Your assignment: Your output should consist of the data, copied exactly.
──────── Provided records ────────
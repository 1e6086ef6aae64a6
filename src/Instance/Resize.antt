-- ===== src/Instance/Resize.antt =====
-- The type of an instance: linode/instance/helpers.go, changeInstanceType and applyInstanceTypeChange
-- with their helpers.
pub mod Offline
use terraform_provider_linod.Prelude.Runs.{done, fail, ◌>>=◌, ◌>>◌, or_fail}
use terraform_provider_linod.Prelude.{
  ℕ, zero, suc, ◌+◌, String, Bool, true, false, not, ◌&&◌, ◌||◌, ltb, length, is_empty, Option,
  none, some, List, [], ◌∷◌, Result, ok, err, ◌==◌, ◌!=◌, string_eq, nat_eq, if◌then◌else◌,
}
use terraform_provider_linod.Compare.{contains}
use terraform_provider_linod.Instance.{
  offline, Instance, LinodeType, Disk, Migration, cold, warm, ResizeOptions, linode_resize,
  get_instance, list_instance_disks, get_instance_disk, new_event_poller, wait_for_finished,
  wait_for_instance_status, resize_instance, Client, Run, Ack, act, ask_instance, ask_disk,
  ask_disks,
}
use terraform_provider_linod.Instance.Power.{ensure_instance_offline}
use terraform_provider_linod.Instance.Disks.{DiskSpec}

unfoldable pub get_first_disk_with_filesystem : List Disk → List String → Option Disk
get_first_disk_with_filesystem [] filesystems = none
get_first_disk_with_filesystem (disk ∷ disks) filesystems =
    if contains filesystems disk.filesystem
    then some disk
    else get_first_disk_with_filesystem disks filesystems

-- `linodego.FilesystemExt4` and `FilesystemExt3`
abbrev pub ext_filesystems : List String
ext_filesystems = "ext4" ∷ "ext3" ∷ []

abbrev is_missing : Option Disk → Bool
is_missing none = true
is_missing (some disk) = false

abbrev pub implicit_disks_invalid : List Disk → Bool
implicit_disks_invalid [] = false
implicit_disks_invalid (d ∷ disks) =
    is_missing (get_first_disk_with_filesystem (d ∷ disks) ext_filesystems)
    || ltb 2 (length (d ∷ disks))

abbrev pub fail_when : Bool → String → Run Ack
fail_when true message = fail message
fail_when false message = done tt

unfoldable pub disk_size_sum : List Disk → ℕ
disk_size_sum [] = 0
disk_size_sum (disk ∷ disks) = disk.size + disk_size_sum disks

-- The sums of getDiskSizeChange, one list at a time.
unfoldable pub spec_size_sum : List DiskSpec → ℕ
spec_size_sum [] = 0
spec_size_sum (disk ∷ disks) = disk.size + spec_size_sum disks

-- The arguments that the resource's data gives: `resize_disk`, `migration_type`, whether the
-- configuration has explicit disks and no image, and the new disks.
pub record TypeChange : Type 0 where
  pub resize_disk : Bool
  pub migration_type : Migration
  pub explicit_disks : Bool
  pub new_disks : List DiskSpec

module _ (client : Client) where
  unfoldable pub validate_implicit_disks : ℕ → Run Ack
  validate_implicit_disks instance_id = do
    disks ←
        or_fail "failed to get instance disks: "
          (ask_disks client (list_instance_disks instance_id))
    fail_when (implicit_disks_invalid disks) "invalid implicit disk configuration: "

  unfoldable pub get_disk_size_sum : ℕ → Run ℕ
  get_disk_size_sum instance_id = do
    disks ←
        or_fail "failed to get instance disks: "
          (ask_disks client (list_instance_disks instance_id))
    done (disk_size_sum disks)

  unfoldable pub get_primary_implicit_disk : ℕ → Run (Option Disk)
  get_primary_implicit_disk instance_id = do
    disks ←
        or_fail "failed to get instance disks: "
          (ask_disks client (list_instance_disks instance_id))
    fail_when (ltb 2 (length disks)) "invalid implicit disk configuration: "
    done (get_first_disk_with_filesystem disks ext_filesystems)

  -- The loop over the ticks until the deadline, which is `ticks` away.
  abbrev pub changed_or : Bool → Disk → Run Disk → Run Disk
  changed_or true disk again = done disk
  changed_or false disk again = again

  unfoldable pub wait_for_instance_disk_size_change : ℕ → ℕ → ℕ → ℕ → Run Disk
  wait_for_instance_disk_size_change instance_id disk_id old_size zero =
      fail "failed to wait for instance disk size change"
  wait_for_instance_disk_size_change instance_id disk_id old_size (suc ticks) = do
    disk ← ask_disk client (get_instance_disk instance_id disk_id)
    changed_or (disk.size != old_size) disk
        (wait_for_instance_disk_size_change instance_id disk_id old_size ticks)

  abbrev pub start_state : Migration → ℕ → Run Instance
  start_state cold instance_id =
      or_fail "failed to shut down instance for cold migration: "
        (ensure_instance_offline client instance_id)
  start_state warm instance_id =
      or_fail "failed to fetch instance details for warm migration: "
        (ask_instance client (get_instance instance_id))

  abbrev pub primary_disk : Bool → ℕ → Run (Option Disk)
  primary_disk true instance_id = get_primary_implicit_disk instance_id
  primary_disk false instance_id = done none

  abbrev pub wait_for_size : ℕ → Instance → Option Disk → Run Instance
  wait_for_size ticks i none = done i
  wait_for_size ticks i (some disk) = do
    or_fail "failed to wait for disk resize: "
        (wait_for_instance_disk_size_change i.id disk.id disk.size ticks)
    done i

  abbrev pub send_resize : ℕ → ResizeOptions → Instance → Option Disk → Run Instance
  send_resize ticks options i primary = do
    or_fail "failed to initialize event poller: " (act client (new_event_poller i.id linode_resize))
    or_fail "Error resizing Instance: " (act client (resize_instance i.id options))
    or_fail "Error waiting for instance to finish resizing: "
        (act client (wait_for_finished i.id linode_resize))
    resized ←
        or_fail "Error waiting for Instance to enter offline state: "
          (ask_instance client (wait_for_instance_status i.id offline))
    wait_for_size ticks resized primary

  unfoldable pub change_instance_type : ℕ → ℕ → String → Migration → Bool → Run Instance
  change_instance_type ticks instance_id target_type migration_type disk_resize = do
    i ← start_state migration_type instance_id
    primary ← primary_disk disk_resize instance_id
    send_resize ticks
        (record {
          allow_auto_disk_resize = disk_resize;
          target_type = target_type;
          migration_type = migration_type;
        })
        i primary

  unfoldable pub assert_disk_config_fits_instance_type : List DiskSpec → LinodeType → Run Ack
  assert_disk_config_fits_instance_type new_disks typ =
      fail_when (ltb typ.disk_capacity (spec_size_sum new_disks))
        "linode type has insufficient disk capacity for the config"

  abbrev pub check_resize_disk : Bool → TypeChange → Instance → LinodeType → Run Ack
  check_resize_disk false d i typ = done tt
  check_resize_disk true d i typ = do
    fail_when d.explicit_disks "resize_disk requires that no explicit disks are defined"
    validate_implicit_disks i.id
    used_space ← or_fail "failed to calculate total disk size: " (get_disk_size_sum i.id)
    fail_when (ltb typ.disk_capacity used_space) "failed to resize instance and disk: "

  unfoldable pub apply_instance_type_change : ℕ → TypeChange → Instance → LinodeType → Run Instance
  apply_instance_type_change ticks d i typ = do
    check_resize_disk d.resize_disk d i typ
    assert_disk_config_fits_instance_type d.new_disks typ
    change_instance_type ticks i.id typ.id d.migration_type d.resize_disk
────────
Result for this exercise:
repository 1e6086ef6aae64a6
filename src/Instance/Resize.antt
-- ===== src/Instance/Resize.antt =====
-- The type of an instance: linode/instance/helpers.go, changeInstanceType and applyInstanceTypeChange
-- with their helpers.
pub mod Offline
use terraform_provider_linod.Prelude.Runs.{done, fail, ◌>>=◌, ◌>>◌, or_fail}
use terraform_provider_linod.Prelude.{
  ℕ, zero, suc, ◌+◌, String, Bool, true, false, not, ◌&&◌, ◌||◌, ltb, length, is_empty, Option,
  none, some, List, [], ◌∷◌, Result, ok, err, ◌==◌, ◌!=◌, string_eq, nat_eq, if◌then◌else◌,
}
use terraform_provider_linod.Compare.{contains}
use terraform_provider_linod.Instance.{
  offline, Instance, LinodeType, Disk, Migration, cold, warm, ResizeOptions, linode_resize,
  get_instance, list_instance_disks, get_instance_disk, new_event_poller, wait_for_finished,
  wait_for_instance_status, resize_instance, Client, Run, Ack, act, ask_instance, ask_disk,
  ask_disks,
}
use terraform_provider_linod.Instance.Power.{ensure_instance_offline}
use terraform_provider_linod.Instance.Disks.{DiskSpec}

unfoldable pub get_first_disk_with_filesystem : List Disk → List String → Option Disk
get_first_disk_with_filesystem [] filesystems = none
get_first_disk_with_filesystem (disk ∷ disks) filesystems =
    if contains filesystems disk.filesystem
    then some disk
    else get_first_disk_with_filesystem disks filesystems

-- `linodego.FilesystemExt4` and `FilesystemExt3`
abbrev pub ext_filesystems : List String
ext_filesystems = "ext4" ∷ "ext3" ∷ []

abbrev is_missing : Option Disk → Bool
is_missing none = true
is_missing (some disk) = false

abbrev pub implicit_disks_invalid : List Disk → Bool
implicit_disks_invalid [] = false
implicit_disks_invalid (d ∷ disks) =
    is_missing (get_first_disk_with_filesystem (d ∷ disks) ext_filesystems)
    || ltb 2 (length (d ∷ disks))

abbrev pub fail_when : Bool → String → Run Ack
fail_when true message = fail message
fail_when false message = done tt

unfoldable pub disk_size_sum : List Disk → ℕ
disk_size_sum [] = 0
disk_size_sum (disk ∷ disks) = disk.size + disk_size_sum disks

-- The sums of getDiskSizeChange, one list at a time.
unfoldable pub spec_size_sum : List DiskSpec → ℕ
spec_size_sum [] = 0
spec_size_sum (disk ∷ disks) = disk.size + spec_size_sum disks

-- The arguments that the resource's data gives: `resize_disk`, `migration_type`, whether the
-- configuration has explicit disks and no image, and the new disks.
pub record TypeChange : Type 0 where
  pub resize_disk : Bool
  pub migration_type : Migration
  pub explicit_disks : Bool
  pub new_disks : List DiskSpec

module _ (client : Client) where
  unfoldable pub validate_implicit_disks : ℕ → Run Ack
  validate_implicit_disks instance_id = do
    disks ←
        or_fail "failed to get instance disks: "
          (ask_disks client (list_instance_disks instance_id))
    fail_when (implicit_disks_invalid disks) "invalid implicit disk configuration: "

  unfoldable pub get_disk_size_sum : ℕ → Run ℕ
  get_disk_size_sum instance_id = do
    disks ←
        or_fail "failed to get instance disks: "
          (ask_disks client (list_instance_disks instance_id))
    done (disk_size_sum disks)

  unfoldable pub get_primary_implicit_disk : ℕ → Run (Option Disk)
  get_primary_implicit_disk instance_id = do
    disks ←
        or_fail "failed to get instance disks: "
          (ask_disks client (list_instance_disks instance_id))
    fail_when (ltb 2 (length disks)) "invalid implicit disk configuration: "
    done (get_first_disk_with_filesystem disks ext_filesystems)

  -- The loop over the ticks until the deadline, which is `ticks` away.
  abbrev pub changed_or : Bool → Disk → Run Disk → Run Disk
  changed_or true disk again = done disk
  changed_or false disk again = again

  unfoldable pub wait_for_instance_disk_size_change : ℕ → ℕ → ℕ → ℕ → Run Disk
  wait_for_instance_disk_size_change instance_id disk_id old_size zero =
      fail "failed to wait for instance disk size change"
  wait_for_instance_disk_size_change instance_id disk_id old_size (suc ticks) = do
    disk ← ask_disk client (get_instance_disk instance_id disk_id)
    changed_or (disk.size != old_size) disk
        (wait_for_instance_disk_size_change instance_id disk_id old_size ticks)

  abbrev pub start_state : Migration → ℕ → Run Instance
  start_state cold instance_id =
      or_fail "failed to shut down instance for cold migration: "
        (ensure_instance_offline client instance_id)
  start_state warm instance_id =
      or_fail "failed to fetch instance details for warm migration: "
        (ask_instance client (get_instance instance_id))

  abbrev pub primary_disk : Bool → ℕ → Run (Option Disk)
  primary_disk true instance_id = get_primary_implicit_disk instance_id
  primary_disk false instance_id = done none

  abbrev pub wait_for_size : ℕ → Instance → Option Disk → Run Instance
  wait_for_size ticks i none = done i
  wait_for_size ticks i (some disk) = do
    or_fail "failed to wait for disk resize: "
        (wait_for_instance_disk_size_change i.id disk.id disk.size ticks)
    done i

  abbrev pub send_resize : ℕ → ResizeOptions → Instance → Option Disk → Run Instance
  send_resize ticks options i primary = do
    or_fail "failed to initialize event poller: " (act client (new_event_poller i.id linode_resize))
    or_fail "Error resizing Instance: " (act client (resize_instance i.id options))
    or_fail "Error waiting for instance to finish resizing: "
        (act client (wait_for_finished i.id linode_resize))
    resized ←
        or_fail "Error waiting for Instance to enter offline state: "
          (ask_instance client (wait_for_instance_status i.id offline))
    wait_for_size ticks resized primary

  unfoldable pub change_instance_type : ℕ → ℕ → String → Migration → Bool → Run Instance
  change_instance_type ticks instance_id target_type migration_type disk_resize = do
    i ← start_state migration_type instance_id
    primary ← primary_disk disk_resize instance_id
    send_resize ticks
        (record {
          allow_auto_disk_resize = disk_resize;
          target_type = target_type;
          migration_type = migration_type;
        })
        i primary

  unfoldable pub assert_disk_config_fits_instance_type : List DiskSpec → LinodeType → Run Ack
  assert_disk_config_fits_instance_type new_disks typ =
      fail_when (ltb typ.disk_capacity (spec_size_sum new_disks))
        "linode type has insufficient disk capacity for the config"

  abbrev pub check_resize_disk : Bool → TypeChange → Instance → LinodeType → Run Ack
  check_resize_disk false d i typ = done tt
  check_resize_disk true d i typ = do
    fail_when d.explicit_disks "resize_disk requires that no explicit disks are defined"
    validate_implicit_disks i.id
    used_space ← or_fail "failed to calculate total disk size: " (get_disk_size_sum i.id)
    fail_when (ltb typ.disk_capacity used_space) "failed to resize instance and disk: "

  unfoldable pub apply_instance_type_change : ℕ → TypeChange → Instance → LinodeType → Run Instance
  apply_instance_type_change ticks d i typ = do
    check_resize_disk d.resize_disk d i typ
    assert_disk_config_fits_instance_type d.new_disks typ
    change_instance_type ticks i.id typ.id d.migration_type d.resize_disk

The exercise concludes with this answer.